He was on the food for a few months and it took probably about 2 months, the gas subsided, but you knew what dog "did it" when it happened, that's for sure. I ended up switching 'cause I didn't want to smell it anymore whether it was daily or weekly. It was just bad. And the backyard stunk pretty bad too...(has since gotten better after the switch).

Try something else. It might clear up if you stick with it, but will probably take quite a while....or it might not clear up at all.


----------



## Zoeys mom (Jan 23, 2010)

We've been on so many grain free's that didn't work well for us. Henry is the dog with the grain allergy and the reason we are on grain free.
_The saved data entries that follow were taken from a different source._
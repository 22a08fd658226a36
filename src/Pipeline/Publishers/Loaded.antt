-- ===== src/Pipeline/Publishers/Loaded.antt =====
-- What the publisher manager of ceilometer/pipeline.py has loaded.
use stx_ceilometer.Prelude.{
  ◌≡◌, ◌≢◌, String, none, Result, some, ok, List, Option-cases, All, arith, inl, ==_iff, inr,
  ==_refl, string_eq, refl, [],
}
use stx_ceilometer.Prelude.Dict
use stx_ceilometer.Pipeline.Publishers.{
  PublisherManager, with_scheme, store_loaded, get, keep_loaded, load_publishers, raise, ◌∷◌,
}

-- The manager holds a publisher for the URL.
abbrev pub IsLoaded : {P : Type 0} → PublisherManager P → String → Type 0
IsLoaded m url = Dict.get m.loaded url ≢ none

module _ {P : Type 0} (load : String → Result P) where
  -- A URL that is loaded is never loaded again: the manager and the publisher stay.
  get-loaded :
      (m : PublisherManager P) (url : String) (p : P)
      → Dict.get m.loaded url ≡ some p
      → get load m url ≡ (ok p, m)
  unfolding get
  get-loaded m url p h = rw (h, get)

  get-not_loaded :
      (m : PublisherManager P) (url : String)
      → Dict.get m.loaded url ≡ none
      → get load m url ≡ store_loaded load m url (load url)
  unfolding get
  get-not_loaded m url h = rw (h, get)

  store_loaded-keeps :
      (m : PublisherManager P) (url other : String) (p : P) (r : Result P)
      → Dict.get m.loaded url ≡ none
      → Dict.get m.loaded other ≡ some p
      → Dict.get (store_loaded load m url r).1.loaded other ≡ some p
  unfolding store_loaded
  store_loaded-keeps m url other p (raise e) absent h = h
  store_loaded-keeps m url other p (ok q) absent h =
      ground (arith, Dict.get-put m.loaded url other q, ==_iff url other)

  get-keeps :
      (m : PublisherManager P) (url other : String) (p : P)
      → Dict.get m.loaded other ≡ some p
      → Dict.get (get load m url).1.loaded other ≡ some p
  get-keeps m url other p h = elim (Option-cases (Dict.get m.loaded url)) [
    | inl absent ↦
        rw (get-not_loaded m url absent) (store_loaded-keeps m url other p (load url) absent h)
    | inr (q, there) ↦ rw (get-loaded m url q there) h
  ]

  store_loaded-IsLoaded :
      (m : PublisherManager P) (url : String) (p : P) (r : Result P)
      → (store_loaded load m url r).0 ≡ ok p
      → Dict.get (store_loaded load m url r).1.loaded url ≡ some p
  unfolding store_loaded
  store_loaded-IsLoaded m url p (raise e) h = cc
  store_loaded-IsLoaded m url p (ok q) h =
      ground (arith, Dict.get-put m.loaded url url q, ==_refl url)

  get-IsLoaded :
      (m : PublisherManager P) (url : String) (p : P)
      → (get load m url).0 ≡ ok p
      → Dict.get (get load m url).1.loaded url ≡ some p
  get-IsLoaded m url p h = elim (Option-cases (Dict.get m.loaded url)) [
    | inl absent ↦
        let e = get-not_loaded m url absent in
        rw e (store_loaded-IsLoaded m url p (load url) (rw e at h))
    | inr (q, there) ↦ let e = get-loaded m url q there in rw e (cc (there, rw e at h))
  ]

  -- Once a URL's publisher was returned, asking for it again, with another URL asked for in between,
  -- returns that same publisher and leaves the manager as it is.
  get-again :
      (m : PublisherManager P) (url between : String) (p : P)
      → (get load m url).0 ≡ ok p
      → get load (get load (get load m url).1 between).1 url
        ≡ (ok p, (get load (get load m url).1 between).1)
  get-again m url between p h =
      get-loaded (get load (get load m url).1 between).1 url p
        (get-keeps (get load m url).1 between url p (get-IsLoaded m url p h))

  load_publishers-keeps :
      (m : PublisherManager P) (ps : List String) (other : String) (p : P)
      → Dict.get m.loaded other ≡ some p
      → Dict.get (load_publishers load m ps).1.loaded other ≡ some p
  unfolding load_publishers
  load_publishers-keeps m [] other p h = h
  load_publishers-keeps m (q ∷ qs) other p h =
      load_publishers-keeps (get load m (with_scheme q)).1 qs other p
        (get-keeps m (with_scheme q) other p h)

  keep_loaded-All :
      (m : PublisherManager P) (url : String) (r : Result P) (urls : List String)
      → ((p : P) → r ≡ ok p → IsLoaded m url)
      → All (IsLoaded m) urls
      → All (IsLoaded m) (keep_loaded load url r urls)
  unfolding keep_loaded
  keep_loaded-All m url (ok p) urls h k = (h p refl, k)
  keep_loaded-All m url (raise e) urls h k = k

  -- Every publisher that a sink keeps is one that the manager holds.
  load_publishers-IsLoaded :
      (m : PublisherManager P) (ps : List String)
      → All (IsLoaded (load_publishers load m ps).1) (load_publishers load m ps).0
  unfolding load_publishers
  load_publishers-IsLoaded m [] = tt
  load_publishers-IsLoaded m (q ∷ qs) =
      let m' = (get load m (with_scheme q)).1 in
      keep_loaded-All (load_publishers load m' qs).1 (with_scheme q) (get load m (with_scheme q)).0
        (load_publishers load m' qs).0
        (λ p e none_left. cc (
          none_left,
          load_publishers-keeps m' qs (with_scheme q) p (get-IsLoaded m (with_scheme q) p e),
        ))
        (load_publishers-IsLoaded m' qs)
His ears got better when we switched him to grain free and the itchies were fewer for sure, but Zoe started dumping hair while we were on the NOW dog food, and Henry would hardly touch the BB even after months of giving him nothing but. He lost a ton of weight on BB. I can't feed TOTW yet due to Zoe's age, and NB made both of their coats dull and weird feeling. Orijen is the first food that both dogs seem to enjoy and works well equally for both- of course the gas is working for both too. 

I am going to give it another few months and maybe try Acana next or the Orijen fish based- we're on LPB now.


----------



## PupperLove (Apr 10, 2010)

Sounds like you are having pretty good results with the Orijen otherwise. If you had problems with other high quality foods it might just be worth it to keep them on it and see if it changes. Like I said, for my dog, the gas subsided after about 2 months, but it was still there in small amounts. 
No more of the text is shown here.